[TASK INPUT]
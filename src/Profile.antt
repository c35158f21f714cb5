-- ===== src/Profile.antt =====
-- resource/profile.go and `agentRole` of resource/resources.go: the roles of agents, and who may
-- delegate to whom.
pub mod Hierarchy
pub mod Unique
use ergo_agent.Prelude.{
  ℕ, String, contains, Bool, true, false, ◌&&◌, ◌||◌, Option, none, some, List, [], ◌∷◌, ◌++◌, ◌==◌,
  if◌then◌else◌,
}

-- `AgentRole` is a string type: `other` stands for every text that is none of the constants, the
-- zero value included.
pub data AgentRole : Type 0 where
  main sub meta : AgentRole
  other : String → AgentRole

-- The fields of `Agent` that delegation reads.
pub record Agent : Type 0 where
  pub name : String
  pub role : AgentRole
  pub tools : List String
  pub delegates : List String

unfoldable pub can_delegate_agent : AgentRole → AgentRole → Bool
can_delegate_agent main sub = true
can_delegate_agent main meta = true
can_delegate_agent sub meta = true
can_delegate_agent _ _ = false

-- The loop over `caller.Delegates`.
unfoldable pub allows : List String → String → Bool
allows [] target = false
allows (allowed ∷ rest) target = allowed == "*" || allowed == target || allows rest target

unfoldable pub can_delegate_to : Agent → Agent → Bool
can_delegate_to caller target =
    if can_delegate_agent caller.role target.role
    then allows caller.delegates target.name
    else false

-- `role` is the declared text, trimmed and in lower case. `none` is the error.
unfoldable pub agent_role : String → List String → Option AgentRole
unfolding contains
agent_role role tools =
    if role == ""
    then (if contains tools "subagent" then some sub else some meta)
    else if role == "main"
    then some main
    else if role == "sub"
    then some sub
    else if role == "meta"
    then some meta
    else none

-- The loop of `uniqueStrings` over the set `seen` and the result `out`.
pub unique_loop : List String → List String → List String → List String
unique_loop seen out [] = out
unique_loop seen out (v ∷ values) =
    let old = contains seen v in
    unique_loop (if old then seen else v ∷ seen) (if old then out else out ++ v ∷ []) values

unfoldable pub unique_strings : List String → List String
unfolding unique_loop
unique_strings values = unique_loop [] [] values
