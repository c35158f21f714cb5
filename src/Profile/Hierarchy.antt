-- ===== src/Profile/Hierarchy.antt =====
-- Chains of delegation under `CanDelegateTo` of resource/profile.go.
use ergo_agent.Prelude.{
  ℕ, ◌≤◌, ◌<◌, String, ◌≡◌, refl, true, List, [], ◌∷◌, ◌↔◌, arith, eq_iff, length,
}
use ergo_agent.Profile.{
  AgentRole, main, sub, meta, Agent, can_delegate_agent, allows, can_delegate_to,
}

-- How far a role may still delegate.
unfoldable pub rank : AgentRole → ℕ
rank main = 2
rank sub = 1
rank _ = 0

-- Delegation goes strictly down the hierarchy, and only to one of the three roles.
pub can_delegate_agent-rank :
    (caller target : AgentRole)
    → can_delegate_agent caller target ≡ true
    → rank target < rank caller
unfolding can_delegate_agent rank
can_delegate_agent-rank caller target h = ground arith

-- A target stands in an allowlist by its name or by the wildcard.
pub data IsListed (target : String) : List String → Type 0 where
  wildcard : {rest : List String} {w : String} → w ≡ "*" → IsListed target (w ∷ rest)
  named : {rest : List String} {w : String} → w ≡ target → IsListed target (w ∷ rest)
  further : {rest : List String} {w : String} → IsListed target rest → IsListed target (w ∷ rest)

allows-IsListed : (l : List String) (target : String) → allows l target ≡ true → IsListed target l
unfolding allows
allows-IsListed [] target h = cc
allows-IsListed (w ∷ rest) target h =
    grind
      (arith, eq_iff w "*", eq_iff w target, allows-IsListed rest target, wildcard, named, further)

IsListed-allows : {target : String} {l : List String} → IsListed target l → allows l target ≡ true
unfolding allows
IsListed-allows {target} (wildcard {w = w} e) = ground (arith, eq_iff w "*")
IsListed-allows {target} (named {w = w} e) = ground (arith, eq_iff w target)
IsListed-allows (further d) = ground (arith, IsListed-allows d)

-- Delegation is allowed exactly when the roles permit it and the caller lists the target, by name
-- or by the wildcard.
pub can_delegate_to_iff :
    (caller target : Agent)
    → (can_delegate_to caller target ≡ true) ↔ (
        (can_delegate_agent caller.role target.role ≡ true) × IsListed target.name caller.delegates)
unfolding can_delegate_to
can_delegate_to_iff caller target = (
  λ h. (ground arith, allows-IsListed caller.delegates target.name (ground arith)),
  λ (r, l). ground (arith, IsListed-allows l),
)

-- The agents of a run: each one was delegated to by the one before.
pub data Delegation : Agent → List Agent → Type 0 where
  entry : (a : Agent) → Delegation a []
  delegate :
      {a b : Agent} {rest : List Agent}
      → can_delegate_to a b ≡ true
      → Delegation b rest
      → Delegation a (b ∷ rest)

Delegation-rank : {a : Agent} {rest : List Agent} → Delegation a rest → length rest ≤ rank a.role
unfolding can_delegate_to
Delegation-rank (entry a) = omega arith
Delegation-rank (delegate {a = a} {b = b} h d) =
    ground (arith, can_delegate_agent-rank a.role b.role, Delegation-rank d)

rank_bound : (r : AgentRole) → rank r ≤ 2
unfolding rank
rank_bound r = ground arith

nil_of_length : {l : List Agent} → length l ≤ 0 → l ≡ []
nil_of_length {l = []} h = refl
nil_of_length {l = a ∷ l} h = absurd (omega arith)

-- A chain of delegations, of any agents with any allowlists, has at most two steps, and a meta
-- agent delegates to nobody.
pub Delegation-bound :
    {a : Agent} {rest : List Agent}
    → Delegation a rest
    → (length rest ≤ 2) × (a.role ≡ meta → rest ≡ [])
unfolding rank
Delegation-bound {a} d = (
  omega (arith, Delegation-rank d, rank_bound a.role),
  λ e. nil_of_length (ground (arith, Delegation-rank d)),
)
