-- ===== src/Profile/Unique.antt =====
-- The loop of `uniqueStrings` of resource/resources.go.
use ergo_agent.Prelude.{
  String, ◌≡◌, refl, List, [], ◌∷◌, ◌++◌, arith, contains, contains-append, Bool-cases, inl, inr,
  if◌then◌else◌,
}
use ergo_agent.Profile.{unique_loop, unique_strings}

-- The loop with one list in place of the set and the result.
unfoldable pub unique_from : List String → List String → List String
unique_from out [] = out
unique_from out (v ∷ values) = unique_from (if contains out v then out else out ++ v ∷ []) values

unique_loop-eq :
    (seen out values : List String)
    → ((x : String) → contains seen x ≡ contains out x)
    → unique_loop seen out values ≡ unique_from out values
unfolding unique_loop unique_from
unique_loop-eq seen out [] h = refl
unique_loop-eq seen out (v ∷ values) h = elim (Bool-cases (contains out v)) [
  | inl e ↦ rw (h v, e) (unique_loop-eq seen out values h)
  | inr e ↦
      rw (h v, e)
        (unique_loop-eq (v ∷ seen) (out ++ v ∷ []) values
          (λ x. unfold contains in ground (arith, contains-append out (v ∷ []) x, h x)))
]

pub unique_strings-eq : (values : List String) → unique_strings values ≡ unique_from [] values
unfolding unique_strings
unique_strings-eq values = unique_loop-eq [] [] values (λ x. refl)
[/TASK INPUT]
TASK BRIEF
Go through the material and copy each line in which the word "data" occurs.

ANSWER SECTION
pub data AgentRole : Type 0 where
pub data IsListed (target : String) : List String → Type 0 where
pub data Delegation : Agent → List Agent → Type 0 where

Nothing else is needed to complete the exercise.